# Error propagation

I have a question regarding finding the error associated with the $r_\mathrm e$ term in the equation

$$r_\mathrm e=\sqrt{\frac h{8\tilde B_\mathrm e\pi^2\tilde c\mu}}$$

Is there anyway I can find the uncertainty of $r_\mathrm e$ using any formula. $h$, $\pi$ and $\tilde c$ and $\mu$ all are constant. Only $\tilde B_\mathrm e$ have an uncertainty. Any readings that I could tap into?

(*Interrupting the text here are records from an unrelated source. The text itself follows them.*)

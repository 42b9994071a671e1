-- ===== src/Exports/Strings.antt =====
-- src/exports/memory.rs: the allocation of strings for DuckDB, and what it frees.
use duckdb_superhuman_docs.Base.{ℕ, ◌++◌, ◌≡◌, refl, Text, Option, some, err, Error, codes}
use duckdb_superhuman_docs.Memory.{Heap, Mem, Ptr, and_maybe}
use duckdb_superhuman_docs.Memory.Build.{IsBuilt}
use duckdb_superhuman_docs.Memory.Strings.{
  FfiString, alloc_string, str_from_raw, as_str, free, alloc_string-Builds,
}
use duckdb_superhuman_docs.Ffi.Structs.{FfiAttachConfig}
use duckdb_superhuman_docs.Ffi.Blocks.{Block, config_box, contents}
use duckdb_superhuman_docs.Json.Handles.{free_handle}
use duckdb_superhuman_docs.Exports.{
  Body, Returns, building, writes, ffi_bool, reported, set_error, failed,
}

module _ {N S : Type 0} where
  unfoldable pub rust_ext_free_string : FfiString → Mem (Block N S) (Unit {0})
  rust_ext_free_string value = free contents value

  -- the message of a `RustExtError`
  unfoldable pub rust_ext_free_error : FfiString → Mem (Block N S) (Unit {0})
  rust_ext_free_error message = free contents message

  unfoldable pub rust_ext_free_attach_config : FfiAttachConfig → Mem (Block N S) (Unit {0})
  unfolding free_handle
  rust_ext_free_attach_config config = free_handle config_box config.handle

  module _ {W : Type 0} (display : Error → Text) where
    -- a string is allocated for the text at the pointer
    unfoldable pub rust_ext_alloc_string :
        Ptr
        → ℕ
        → Option FfiString
        → Option FfiString
        → Heap (Block N S)
        → W
        → Returns (Block N S) W (Option FfiString)
    unfolding ffi_bool writes str_from_raw alloc_string
    rust_ext_alloc_string ptr len out error h w =
        ffi_bool display (codes "failed to allocate Superhuman Docs string") error
          (λ h w.
            and_maybe (str_from_raw contents ptr len h)
              λ text. writes out (building (alloc_string contents text) h w))
          h w

    -- A body that fails, under an error pointer that is not null: the call returns false with the
    -- output pointers as the body left them; the message, which names the context and the error,
    -- can be read until `rust_ext_free_error` frees exactly the block that was added for it.
    pub ffi_bool-IsBuilt :
        {A : Type 0} (context : Text) (old : FfiString) (body : Body (Block N S) W A)
        (h h' : Heap (Block N S)) (w w' : W) (out : A) (e : Error)
        → body h w ≡ some ((out, err e), h', w')
        → (message : FfiString) × (h'' : Heap (Block N S)) × (ffi_bool display context
              (some old)
              body
              h
              w
            ≡ failed out (some message) h'' w')
          × IsBuilt
              (as_str contents message)
              (rust_ext_free_error message)
              (context ++ codes ": " ++ reported display e)
              h'
              h''
    unfolding ffi_bool set_error rust_ext_free_error
    ffi_bool-IsBuilt context old body h h' w w' out e failed =
        let text = context ++ codes ": " ++ reported display e in
        let (message, h'') = alloc_string contents text h' in
        (message, h'', rw failed refl, alloc_string-Builds contents text h')
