-- ===== src/Exports/Extension/Lifetime.antt =====
-- What DuckDB reads of an attached configuration, until it frees it.
use duckdb_superhuman_docs.Base.{◌≡◌, refl, ap, some}
use duckdb_superhuman_docs.Attach.Resolve.{AttachConfig}
use duckdb_superhuman_docs.Memory.{Heap, Reading, config_resource, and_maybe, deref}
use duckdb_superhuman_docs.Memory.Build.{IsBuilt, deref-block}
use duckdb_superhuman_docs.Memory.Strings.{as_str, as_str-borrow_string}
use duckdb_superhuman_docs.Ffi.Structs.{FfiAttachConfig}
use duckdb_superhuman_docs.Ffi.Blocks.{Block, config_block, config_box, contents}
use duckdb_superhuman_docs.Json.Handles.Lifetime.{handle-IsBuilt}
use duckdb_superhuman_docs.Exports.Strings.{rust_ext_free_attach_config}
use duckdb_superhuman_docs.Exports.Extension.{ffi_attach}

module _ {N S : Type 0} where
  abbrev pub see_attach : FfiAttachConfig → Reading (Block N S) AttachConfig
  see_attach config h = and_maybe (deref config_box config.handle h) λ handle.
      and_maybe (as_str contents config.database_name h)
        λ name. some (record { handle = handle; database_name = name })

  -- A configuration that is handed to DuckDB, under its resource as the name of the database: it
  -- reads as it is until `rust_ext_free_attach_config` frees exactly its box.
  pub ffi_attach-IsBuilt :
      (attach : AttachConfig) (h : Heap (Block N S))
      → attach.handle.resource ≡ attach.database_name
      → IsBuilt
          (see_attach (ffi_attach attach h).0)
          (rust_ext_free_attach_config (ffi_attach attach h).0)
          attach
          h
          (ffi_attach attach h).1
  unfolding ffi_attach rust_ext_free_attach_config
  ffi_attach-IsBuilt attach h named =
      let b = config_block attach.handle in
      let (grows, held) = handle-IsBuilt config_box attach.handle h in
      (
        grows,
        λ g agree.
            let (e, released) = held g agree in
            let name =
              as_str-borrow_string contents h.next config_resource b g attach.database_name e
                (ap some named) in
            (rw (deref-block config_box h.next attach.handle g e, name) refl, released),
      )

• Upto how much decimal you want accuracy? – JM97 Mar 27 '16 at 15:06
• just 1 significant figure – Ong Zhi Qiang Mar 27 '16 at 15:06
• I just want to know what is the general equation that I can tackle this type of question, there should be a formula that i could apply to determine the uncertainty – Ong Zhi Qiang Mar 27 '16 at 15:07
• When two quantities are multiplied or divided, the relative error in the result is the sum of the relative errors in the multipliers. – JM97 Mar 27 '16 at 15:12

If the individual uncertainties of $h$, $\tilde B_\mathrm e$, $\pi$, $\tilde c$, and $\mu$ are not correlated, the total uncertainty of $r_\mathrm e$ may be estimated using the general formula:
$$u(r_\mathrm e) = \sqrt{\left(\frac{\partial r_\mathrm e}{\partial h}\right)^2 u^2(h)+\left(\frac{\partial r_\mathrm e}{\partial \tilde B_\mathrm e}\right)^2 u^2(\tilde B_\mathrm e)+\left(\frac{\partial r_\mathrm e}{\partial \pi}\right)^2 u^2(\pi)+\left(\frac{\partial r_\mathrm e}{\partial \tilde c}\right)^2 u^2(\tilde c)+\left(\frac{\partial r_\mathrm e}{\partial \mu}\right)^2 u^2(\mu)}$$
If only $\tilde B_\mathrm e$ has a relevant uncertainty, the formula can be simplified to:
$$u(r_\mathrm e) = \sqrt{\left(\frac{\partial r_\mathrm e}{\partial \tilde B_\mathrm e}\right)^2 u^2(\tilde B_\mathrm e)}$$
where the partial derivative of $r_\mathrm e$ with respect to $\tilde B_\mathrm e$ is
$$\frac{\partial r_\mathrm e}{\partial \tilde B_\mathrm e}= - \frac{1}{8}\frac{{\sqrt 2 h}}{{\sqrt {\frac{h}{{\tilde B_\mathrm e{\pi ^2}\tilde c\mu }}} {\tilde B_{\mathrm e}^2}{\pi ^2}\tilde c\mu }}$$